International business ventures refer to the transactions of commodities, services, technology, capital, and information across national borders. It involves the exchange of goods and services between two or more countries, utilizing various economic resources such as capital, skills, and people to produce physical goods and services internationally.

The main forms of international business ventures include:

  1. Joint Venture
  2. Franchising
  3. Strategic Alliances

A joint venture is a business arrangement where two or more companies or partners come together to pool their resources and expertise to achieve a specific goal, often in an international context.

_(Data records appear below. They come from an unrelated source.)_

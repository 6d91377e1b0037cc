-- ===== src/NodeSetSync/ScaleOut.antt =====
-- More pods for a NodeSet that has too few
-- (upstream/slurm-operator/internal/controller/nodeset/nodeset_sync.go).
pub mod Ordinals
pub mod Expected
pub mod Composed
pub mod Made
pub mod Names
use slinky_on_openshift.Prelude.{
  ℕ, zero, suc, ◌-◌, Bool, true, false, Option, none, some, List, [], ◌∷◌, String, length, any, map,
  if◌then◌else◌,
}
use slinky_on_openshift.Prelude.Int.{ℤ, pos, pos_part, eqb_ℤ}
use slinky_on_openshift.Exec.{
  Error, is_namespace_terminating, Result, ok, err, panic, M, pure, raise, ◌>>=◌, ◌>>◌,
}
use slinky_on_openshift.Kube.{Pod, NodeSet, Library}
use slinky_on_openshift.Utils.Math.{clamp}
use slinky_on_openshift.Utils.Pods.{key_func}
use slinky_on_openshift.Utils.Batch.{Tally}
use slinky_on_openshift.Naming.{get_ordinal, new_nodeset_pod}
use slinky_on_openshift.NodeSetSync.Reconciler.{Reconciler, at_pod, batch, for_pods}
use slinky_on_openshift.NodeSetSync.Cordon.{make_pod_uncordon_and_undrain}

abbrev pub burst_replicas : ℕ
burst_replicas = 250

-- `usedOrdinals.Has(ordinal)`
abbrev pub is_used : List ℤ → ℕ → Bool
is_used used ordinal = any (λ o. eqb_ℤ o (pos ordinal)) used

-- `for usedOrdinals.Has(ordinal) { ordinal++ }`
unfoldable pub free_ordinal : (fuel : ℕ) → List ℤ → ℕ → ℕ
free_ordinal zero used ordinal = ordinal
free_ordinal (suc fuel) used ordinal =
    let next = free_ordinal fuel used (suc ordinal) in
    if is_used used ordinal then next else ordinal

-- as many rounds as there are used ordinals are enough
unfoldable pub new_ordinals : ℕ → List ℤ → ℕ → List ℕ
unfolding free_ordinal
new_ordinals zero used ordinal = []
new_ordinals (suc n) used ordinal =
    let o = free_ordinal (length used) used ordinal in o ∷ new_ordinals n (pos o ∷ used) o

unfoldable pub pods_to_create : Library → NodeSet → List Pod → ℕ → String → List Pod
unfolding new_ordinals
pods_to_create k nodeset pods num_create hash =
    map (λ o. new_nodeset_pod k nodeset (pos o) hash)
      (new_ordinals num_create (map get_ordinal pods) 0)

module _ {S : Type 0} (r : Reconciler S) where
  unfoldable pub create_pod : NodeSet → Pod → M S (Unit {0})
  create_pod nodeset pod s =
      let (res, s') = r.pod_control.create_nodeset_pod nodeset pod s in
      elim res [
        | ok _ ↦ (ok tt, s')
        | err e ↦ ((if is_namespace_terminating e then ok tt else err e), s')
        | panic ↦ (panic, s')
      ]

  -- `for range skippedPods { r.expectations.CreationObserved(logger, key) }`
  pub creations_observed : String → ℕ → S → S
  creations_observed key zero s = s
  creations_observed key (suc n) s =
      creations_observed key n (r.expectations.creation_observed key s)

  abbrev pub nil_or : Option Error → Result (Unit {0})
  nil_or none = ok tt
  nil_or (some e) = err e

  abbrev pub settle : String → ℕ → Result Tally × S → Result (Unit {0}) × S
  settle key n (ok (successes, e), s) = (nil_or e, creations_observed key (n - successes) s)
  settle key n (err e, s) = (err e, s)
  settle key n (panic, s) = (panic, s)

  unfoldable pub do_pod_scale_out : NodeSet → List Pod → ℤ → String → M S (Unit {0})
  unfolding for_pods make_pod_uncordon_and_undrain pods_to_create create_pod creations_observed
  do_pod_scale_out nodeset pods num_create hash =
      let key = key_func nodeset.namespace nodeset.name in
      let n = pos_part (clamp num_create (pos 0) (pos burst_replicas)) in
      let created = pods_to_create r.library nodeset pods n hash in
      for_pods r pods (make_pod_uncordon_and_undrain r nodeset)
      >> r.expectations.expect_creations key (pos n)
      >> (λ s. settle key n (batch r n (at_pod created (create_pod nodeset)) s))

Features of joint ventures

A joint venture (JV) is a business arrangement where two or more companies or individuals collaborate by pooling their resources and expertise to achieve a specific goal for a defined period. Below are the key features of joint ventures:

  1. Agreement: Two or more firms come to a formal agreement to engage in a business for a specific purpose, which binds them to the terms of the agreement.
  2. Joint Control: All parties involved in the joint venture share control over the business operations, administration, and assets.
  3. Pooling of Resources and Expertise: The participating firms combine their capital, workforce, technical knowledge, and expertise to undertake large-scale production or other business operations.
  4. Sharing of Profits and Losses: The partners in a joint venture agree to divide the profits and losses based on a pre-established ratio, typically determined at the end of the venture or annually if it lasts longer.
  5. Access to Advanced Technology: Firms benefit from new technologies, production methods, and business practices, leading to lower costs and better quality.
  6. Dissolution: The agreement ends once the objectives of the joint venture are met, and the assets and accounts are settled accordingly.

Advantages of joint ventures

  1. Access to New Markets: A joint venture opens up new markets and distribution channels for the involved companies, leading to higher sales.
  2. Business Growth: Joint ventures facilitate faster business growth, increase in productivity, and higher profits by leveraging shared resources.
  3. Access to More Resources: Combining resources, including technology and skilled personnel, helps improve services and strengthen business operations.
  4. Flexibility: Joint ventures can be temporary, with the option to dissolve once the project is completed or after a predetermined period.
  5. No Loss of Identity: Companies maintain their identity while collaborating, and they can return to their regular operations once the joint venture ends.
  6. Economies of Scale: By pooling resources, companies achieve economies of scale, reducing costs and improving competitiveness.
  7. Minimisation of Risk: Risks are shared between the firms involved, reducing the overall risk for each company.

Disadvantages of joint ventures

  1. Taxation Challenges: Joint ventures, especially those involving companies from different countries, can lead to complex tax arrangements.
  2. Political Risk: International joint ventures can expose firms to political risks, especially if the partner is from a different political environment.
  3. Unequal Involvement: Not all companies share equal responsibility or involvement, which can lead to discrepancies in operations.
  4. Clash of Cultures: Companies from different cultural backgrounds may struggle with integration, affecting cooperation and profitability.